When plaintiff entered into the mortgage contracts at issue it did not intend to segregate these deposits or account to mortgagors for profits arising from the use of the escrow funds. The contract provisions establishing the escrow accounts, however, did not refer to the disposition of any income from the accounts nor did they indicate any intention of the parties as to who shall have use of the funds in the accounts between the day of deposit and the due date of the taxes and insurance premiums. Paragraph 12 of the stipulation of facts is important to the disposition of this suit and accordingly will be included verbatim:
At all times when the 12,000 mortgage loans referred to in Paragraph 4 above were made, it was JSB's [plaintiff's] policy to commingle escrow accounts with other funds of JSB and not to pay any specific return on the escrow accounts to the mortgagors. This policy was made known to anyone who inquired as to what the policy of JSB was in this regard. It was well known to all experienced real estate attorneys and certainly to attorneys representing mortgagors in their dealings with JSB. With relatively rare exception, all of the 12,000 mortgagors referred to above were represented in loans by counsel of their own choosing; and most of the exceptions were themselves attorneys. Any mortgagor or potential mortgagor who has inquired as to whether he might earn a return on the escrow account has been informed that no such return is available. If any such return had been insisted upon, it would have been the policy of JSB to refuse to make the loan.

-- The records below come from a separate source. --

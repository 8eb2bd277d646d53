-- ===== src/Security/Limits.antt =====
-- go-susi/security/connectionlimits.go: how many connections a client may have open, and make in an hour.
-- Times are nanoseconds. A limiter's mutex makes each of the three functions one step.
pub mod Rate
pub mod Parallel
use limux_gosa.Base.{
  ℕ, zero, suc, ◌+◌, ◌-◌, ◌*◌, ◌^◌, Bool, true, false, not, ◌&&◌, ◌||◌, Option, none, some, List,
  [], ◌∷◌, ◌==◌, ltb, if◌then◌else◌,
}
use limux_gosa.Base.Int.{ℤ, pos, negsuc, ltb_ℤ, leb_ℤ, suc_ℤ, pred_ℤ, wrap64, scale, quotient}
use limux_gosa.Base.Text.{Text, text_eq}

abbrev pub minute : ℕ
minute = 60000000000

abbrev pub hour : ℕ
hour = 3600000000000

-- `limits`
pub record Limits : Type 0 where
  pub first : ℕ
  pub last : ℕ
  pub attempts : ℤ
  pub active : ℤ
  pub max_active : ℤ
  pub max_per_hour : ℤ

abbrev pub new_limits : ℕ → Limits
new_limits now = record {
  first = now;
  last = now;
  attempts = pos 0;
  active = pos 0;
  max_active = pos 0;
  max_per_hour = pos 0;
}

-- `t.Before(now.Add(-1*time.Hour))`
unfoldable pub is_before_hour : ℕ → ℕ → Bool
is_before_hour now t = ltb (t + hour) now

-- "if last connection attempt is more than 1h ago, reset time limits"
unfoldable pub reset : ℕ → Limits → Limits
unfolding is_before_hour
reset now l =
    if is_before_hour now l.last then record l { last = now; first = now; attempts = pos 0 } else l

-- The attempts of half an hour at the average rate: `30*time.Minute*time.Duration(lim.attempts)` is an
-- int64 product.
unfoldable pub half_hour_share : ℕ → Limits → ℤ
half_hour_share now l = quotient (wrap64 (scale (30 * minute) l.attempts)) (now - l.first)

-- "if first connection attempt is more than 1h ago, adjust first and count"
unfoldable pub adjust : ℕ → Limits → Limits
unfolding is_before_hour half_hour_share
adjust now l =
    if is_before_hour now l.first
    then record l { attempts = half_hour_share now l; first = now - 30 * minute }
    else l

-- What the guarded part of `ConnectionLimitsRegister` does to the entry of an address.
unfoldable pub count_attempt : ℕ → Limits → Limits
count_attempt now l = record l { last = now; attempts = wrap64 (suc_ℤ l.attempts) }

unfoldable pub admits : Limits → Bool
admits l =
    if ltb_ℤ (pos 0) l.max_active && leb_ℤ l.max_active l.active
    then false
    else not (ltb_ℤ (pos 0) l.max_per_hour && ltb_ℤ l.max_per_hour l.attempts)

-- The two tests and the count of active connections.
unfoldable pub admit : Limits → Bool × Limits
admit l = if admits l then (true, record l { active = wrap64 (suc_ℤ l.active) }) else (false, l)

unfoldable pub register_entry : ℕ → Limits → Bool × Limits
register_entry now l = admit (count_attempt now (adjust now (reset now l)))

-- `limiters`: for each bin the map of its addresses.
abbrev pub Limiters : Type 0
Limiters = ℕ → Text → Option Limits

-- `int(ip[len(ip)-1])`
unfoldable pub bin_of : Text → ℕ
bin_of [] = 0
bin_of (b ∷ []) = b
bin_of (b ∷ c ∷ bs) = bin_of (c ∷ bs)

unfoldable pub put : Limiters → Text → Limits → Limiters
put ls ip l bin a = if bin == bin_of ip && text_eq a ip then some l else ls bin a

unfoldable pub entry : Limiters → Text → Option Limits
entry ls ip = ls (bin_of ip) ip

-- `strings.Split(addr.String(), ":")[0]`
unfoldable pub before_colon : Text → Text
before_colon [] = []
before_colon (c ∷ s) = let rest = before_colon s in if c == b':' then [] else c ∷ rest

abbrev found_or_new : ℕ → Option Limits → Limits
found_or_new now none = new_limits now
found_or_new now (some l) = l

register_ip : Option Text → ℕ → Limiters → Bool × Limiters
register_ip none now ls = (false, ls)
register_ip (some ip) now ls =
    let (admitted, l) = register_entry now (found_or_new now (entry ls ip)) in
    (admitted, put ls ip l)

deregister_found : Text → Option Limits → Limiters → Limiters
deregister_found ip none ls = ls
deregister_found ip (some l) ls = put ls ip (record l { active = wrap64 (pred_ℤ l.active) })

deregister_ip : Option Text → Limiters → Limiters
deregister_ip none ls = ls
deregister_ip (some ip) ls = deregister_found ip (entry ls ip) ls

-- `net.ParseIP` followed by `To16`: the 16 bytes of an address, or nil.
module _ (parse_ip : Text → Option Text) where
  -- `ConnectionLimitsRegister`
  unfoldable pub register : Text → ℕ → Limiters → Bool × Limiters
  unfolding register_ip
  register addr now ls = register_ip (parse_ip (before_colon addr)) now ls

  -- `ConnectionLimitsDeregister`
  unfoldable pub deregister : Text → Limiters → Limiters
  unfolding deregister_ip deregister_found
  deregister addr ls = deregister_ip (parse_ip (before_colon addr)) ls

-- `ConnectionLimitsUpdate`, for the address and the limits of a context.
update_found : Text → ℤ → ℤ → Option Limits → Limiters → Limiters
update_found ip parallel per_hour none ls = ls
update_found ip parallel per_hour (some l) ls =
    put ls ip (record l { max_active = parallel; max_per_hour = per_hour })

unfoldable pub update : Text → ℤ → ℤ → Limiters → Limiters
unfolding update_found
update ip parallel per_hour ls = update_found ip parallel per_hour (entry ls ip) ls
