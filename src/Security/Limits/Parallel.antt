-- ===== src/Security/Limits/Parallel.antt =====
-- The parallel connections of go-susi/security/connectionlimits.go, over any sequence of connections that
-- are opened, refused and closed, and of limits that are updated.
use limux_gosa.Base.{
  ℕ, zero, suc, ◌+◌, ◌-◌, ◌^◌, ◌<◌, true, false, Option, none, some, ◌==◌, if◌then◌else◌, ◌≡◌, refl,
  ap, ◌∙◌, arith, Bool-cases, inl, inr, ==_iff,
}
use limux_gosa.Base.Int.{ℤ, pos, pred_ℤ, wrap64, wrap64_small}
use limux_gosa.Base.Text.{Text, text_eq, text_eq_iff, text_eq_refl}
use limux_gosa.Security.Limits.{
  Limits, reset, adjust, count_attempt, admits, admit, register_entry, Limiters, bin_of, put, entry,
  before_colon, found_or_new, register_ip, register, deregister_found, deregister, update_found,
  update,
}

-- The entry of an address after a write.
entry-put :
    (ls : Limiters) (ip a : Text) (l : Limits)
    → entry (put ls ip l) a ≡ (if text_eq a ip then some l else entry ls a)
unfolding entry put
entry-put ls ip a l = elim (Bool-cases (text_eq a ip)) [
  | inl e ↦
      let same : (bin_of a == bin_of ip) ≡ true =
        (==_iff (bin_of a) (bin_of ip)).1 (ap bin_of ((text_eq_iff a ip).0 e)) in
      rw (same, e)
  | inr e ↦ rw e (ground arith)
]

abbrev pub Tally : Type 0
Tally = Text → ℕ

abbrev pub count_up : Tally → Text → Tally
count_up t ip a = if text_eq a ip then t a + 1 else t a

abbrev pub count_down : Tally → Text → Tally
count_down t ip a = if text_eq a ip then t a - 1 else t a

-- The limiters, and how many connections of each address are open.
pub record World : Type 0 where
  pub limiters : Limiters
  pub open_now : Tally

module _ (parse_ip : Text → Option Text) where
  -- A caller deregisters an address only for a connection that was admitted and is still open. No address
  -- has 2^63 - 1 open connections.
  pub data Step : World → World → Type 0 where
    opens :
        (w : World) (addr ip : Text) (now : ℕ)
        → parse_ip (before_colon addr) ≡ some ip
        → (register parse_ip addr now w.limiters).0 ≡ true
        → suc (w.open_now ip) < 2 ^ 63
        → Step w (record {
          limiters = (register parse_ip addr now w.limiters).1;
          open_now = count_up w.open_now ip;
        })
    refuses :
        (w : World) (addr : Text) (now : ℕ)
        → (register parse_ip addr now w.limiters).0 ≡ false
        → Step w (record w { limiters = (register parse_ip addr now w.limiters).1 })
    closes :
        (w : World) (addr ip : Text)
        → parse_ip (before_colon addr) ≡ some ip
        → 0 < w.open_now ip
        → Step w (record {
          limiters = deregister parse_ip addr w.limiters;
          open_now = count_down w.open_now ip;
        })
    updates :
        (w : World) (ip : Text) (parallel per_hour : ℤ)
        → Step w (record w { limiters = update ip parallel per_hour w.limiters })

  pub data Steps (start : World) : World → Type 0 where
    here : Steps start start
    next : {v w : World} → Steps start v → Step v w → Steps start w

-- An entry counts the open connections of its address; without an entry there are none.
abbrev Agrees : Option Limits → ℕ → Type 0
Agrees none n = n ≡ 0
Agrees (some l) n = (l.active ≡ pos n) × (n < 2 ^ 63)

pub record Counts (w : World) : Type 0 where
  pub at : (ip : Text) → Agrees (entry w.limiters ip) (w.open_now ip)

active-count :
    (now : ℕ) (l : Limits) → (count_attempt now (adjust now (reset now l))).active ≡ l.active
unfolding count_attempt adjust reset
active-count now l = ground arith

admit-true :
    (n : ℕ) (l : Limits)
    → l.active ≡ pos n
    → suc n < 2 ^ 63
    → (admit l).0 ≡ true
    → (admit l).1.active ≡ pos (suc n)
unfolding admit
admit-true n l e h = elim (Bool-cases (admits l)) [
  | inl a ↦ rw (a, e) (λ _. wrap64_small (suc n) h)
  | inr a ↦ rw a (λ c. cc c)
]

admit-false : (l : Limits) → (admit l).0 ≡ false → (admit l).1.active ≡ l.active
unfolding admit
admit-false l = elim (Bool-cases (admits l)) [ inl a ↦ rw a (λ c. cc c) | inr a ↦ rw a (λ _. refl) ]

entry_true :
    (now n : ℕ) (l : Limits)
    → l.active ≡ pos n
    → suc n < 2 ^ 63
    → (register_entry now l).0 ≡ true
    → (register_entry now l).1.active ≡ pos (suc n)
unfolding register_entry
entry_true now n l e =
    admit-true n (count_attempt now (adjust now (reset now l))) (active-count now l ∙ e)

entry_false :
    (now n : ℕ) (l : Limits)
    → l.active ≡ pos n
    → (register_entry now l).0 ≡ false
    → (register_entry now l).1.active ≡ pos n
unfolding register_entry
entry_false now n l e t =
    admit-false (count_attempt now (adjust now (reset now l))) t ∙ active-count now l ∙ e

found_counts : (now n : ℕ) (o : Option Limits) → Agrees o n → (found_or_new now o).active ≡ pos n
found_counts now n none e = rw e
found_counts now n (some l) e = e.0

-- A write to one address, against a tally that changes there alone.
put-Counts :
    (ls : Limiters) (t u : Tally) (ip : Text) (l : Limits)
    → ((a : Text) → Agrees (entry ls a) (t a))
    → l.active ≡ pos (u ip)
    → u ip < 2 ^ 63
    → ((a : Text) → text_eq a ip ≡ false → u a ≡ t a)
    → (a : Text) → Agrees (entry (put ls ip l) a) (u a)
put-Counts ls t u ip l k e h same a = rw (entry-put ls ip a l) (elim (Bool-cases (text_eq a ip)) [
  | inl q ↦ rw (q, (text_eq_iff a ip).0 q) (e, h)
  | inr q ↦ rw (q, same a q) (k a)
])

up_self : (t : Tally) (ip : Text) → count_up t ip ip ≡ suc (t ip)
up_self t ip = rw (text_eq_refl ip) (omega arith)

down_self : (t : Tally) (ip : Text) → count_down t ip ip ≡ t ip - 1
down_self t ip = rw (text_eq_refl ip)

register_ip-false :
    (p : Option Text) (now : ℕ) (ls : Limiters) (t : Tally)
    → ((a : Text) → Agrees (entry ls a) (t a))
    → ((a : Text) → t a < 2 ^ 63)
    → (register_ip p now ls).0 ≡ false
    → (a : Text) → Agrees (entry (register_ip p now ls).1 a) (t a)
unfolding register_ip
register_ip-false none now ls t k h r = k
register_ip-false (some ip) now ls t k h r =
    let l = found_or_new now (entry ls ip) in
    put-Counts ls t t ip (register_entry now l).1 k
      (entry_false now (t ip) l (found_counts now (t ip) (entry ls ip) (k ip)) r) (h ip)
      (λ a q. refl)

bounded : (o : Option Limits) (n : ℕ) → Agrees o n → n < 2 ^ 63
bounded none n e = omega (arith, e)
bounded (some l) n e = e.1

wrap64-pred : (n : ℕ) → n < 2 ^ 63 → 0 < n → wrap64 (pred_ℤ (pos n)) ≡ pos (n - 1)
wrap64-pred zero h p = elim p [ ]
wrap64-pred (suc n) h p = rw (wrap64_small n (omega arith)) (ap pos (omega arith))

deregister_counts :
    (ip : Text) (o : Option Limits) (ls : Limiters) (t : Tally)
    → ((a : Text) → Agrees (entry ls a) (t a))
    → Agrees o (t ip)
    → 0 < t ip
    → (a : Text) → Agrees (entry (deregister_found ip o ls) a) (count_down t ip a)
unfolding deregister_found
deregister_counts ip none ls t k e h = absurd (omega (arith, e, h))
deregister_counts ip (some l) ls t k e h =
    put-Counts ls t (count_down t ip) ip (record l { active = wrap64 (pred_ℤ l.active) }) k
      (rw (down_self t ip, e.0) (wrap64-pred (t ip) e.1 h))
      (rw (down_self t ip) (omega (arith, e.1))) (λ a q. rw q)

update_counts :
    (ip : Text) (parallel per_hour : ℤ) (o : Option Limits) (ls : Limiters) (t : Tally)
    → ((a : Text) → Agrees (entry ls a) (t a))
    → Agrees o (t ip)
    → (a : Text) → Agrees (entry (update_found ip parallel per_hour o ls) a) (t a)
unfolding update_found
update_counts ip parallel per_hour none ls t k e = k
update_counts ip parallel per_hour (some l) ls t k e =
    put-Counts ls t t ip (record l { max_active = parallel; max_per_hour = per_hour }) k e.0 e.1
      (λ a q. refl)

module _ (parse_ip : Text → Option Text) where
  Step-Counts : {v w : World} → Step parse_ip v w → Counts v → Counts w
  unfolding register deregister update
  Step-Counts (opens w addr ip now e t h) k =
      let l = found_or_new now (entry w.limiters ip) in
      record {
        at = rw e (
            put-Counts w.limiters w.open_now (count_up w.open_now ip) ip (register_entry now l).1
              k.at
              (rw (up_self w.open_now ip) (
                entry_true now (w.open_now ip) l
                  (found_counts now (w.open_now ip) (entry w.limiters ip) (k.at ip)) h (rw e at t)))
              (rw (up_self w.open_now ip) h) (λ a q. rw q));
      }
  Step-Counts (refuses w addr now t) k = record {
    at =
        register_ip-false (parse_ip (before_colon addr)) now w.limiters w.open_now k.at
          (λ a. bounded (entry w.limiters a) (w.open_now a) (k.at a)) t;
  }
  Step-Counts (closes w addr ip e h) k = record {
    at = rw e (deregister_counts ip (entry w.limiters ip) w.limiters w.open_now k.at (k.at ip) h);
  }
  Step-Counts (updates w ip parallel per_hour) k = record {
    at =
        update_counts ip parallel per_hour (entry w.limiters ip) w.limiters w.open_now k.at
          (k.at ip);
  }

  Steps-Counts : {v w : World} → Steps parse_ip v w → Counts v → Counts w
  Steps-Counts here k = k
  Steps-Counts (next r s) k = Step-Counts s (Steps-Counts r k)

max_active-count :
    (now : ℕ) (l : Limits)
    → (count_attempt now (adjust now (reset now l))).max_active ≡ l.max_active
unfolding count_attempt adjust reset
max_active-count now l = ground arith

admit_limit :
    (n m : ℕ) (l : Limits)
    → l.active ≡ pos n
    → l.max_active ≡ pos m
    → 0 < m
    → (admit l).0 ≡ true
    → n < m
unfolding admit admits
admit_limit n m l e q h t = ground arith

register_entry_limit :
    (now n m : ℕ) (l : Limits)
    → l.active ≡ pos n
    → l.max_active ≡ pos m
    → 0 < m
    → (register_entry now l).0 ≡ true
    → n < m
unfolding register_entry
register_entry_limit now n m l e q =
    admit_limit n m (count_attempt now (adjust now (reset now l))) (active-count now l ∙ e)
      (max_active-count now l ∙ q)

-- The limiters when the program starts.
abbrev pub at_start : World
at_start = record { limiters = λ bin ip. none; open_now = λ ip. 0 }

-- After any sequence of connections opened, refused and closed and of limits updated, a connection is
-- admitted only if its address has fewer connections open than the limit that is set for it, if a limit is
-- set; so the limit on parallel connections is never passed by a connection that is admitted.
pub register_below_limit :
    (parse_ip : Text → Option Text) (w : World) (addr ip : Text) (now m : ℕ) (l : Limits)
    → Steps parse_ip at_start w
    → parse_ip (before_colon addr) ≡ some ip
    → entry w.limiters ip ≡ some l
    → l.max_active ≡ pos m
    → 0 < m
    → (register parse_ip addr now w.limiters).0 ≡ true
    → w.open_now ip < m
unfolding register entry
register_below_limit parse_ip w addr ip now m l r e x q h t =
    let k = Steps-Counts parse_ip r (record { at = λ a. refl }) in
    let t' : (register_entry now l).0 ≡ true = rw (e, x) at t in
    register_entry_limit now (w.open_now ip) m l (rw x at (k.at ip)).0 q h t'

Chapter 119 requires the plaintiff and other mortgage lending institutions to pay homeowner mortgagors a minimum of two percent interest on escrow funds deposited with the mortgagee for the future payment of taxes and insurance premiums, except where the mortgages were executed before the enactment and expressly provide that no interest is to be paid.
Plaintiff first contends that chapter 119 "impaired" the mortgage contracts entered into prior to April 1, 1974 -- the date of enactment -- since under then-existing law it had no obligation to pay interest. In determining if there has been an impairment the initial inquiry must be whether there is in fact a contract as to the use of the escrow funds. Plaintiff argues in essence that non-payment of interest on the escrow accounts became an unstated term of the mortgage contracts because of the knowledge of the attorneys for mortgagors that the bank would pay no interest and the attorneys' acquiescence in that arrangement. Further, the bank contends that non-payment of interest was a "bargained for" term, citing as proof its assertion that it would not have entered into any mortgage arrangement had it been required to pay interest on the escrow accounts. The bank maintains that the knowledge of mortgagors' attorneys of the policy of no interest "[shows] that the use of the escrow funds was bargained for by Jamaica Savings Bank in a legal sense even if in particular instances the question may have not been raised by the mortgagors."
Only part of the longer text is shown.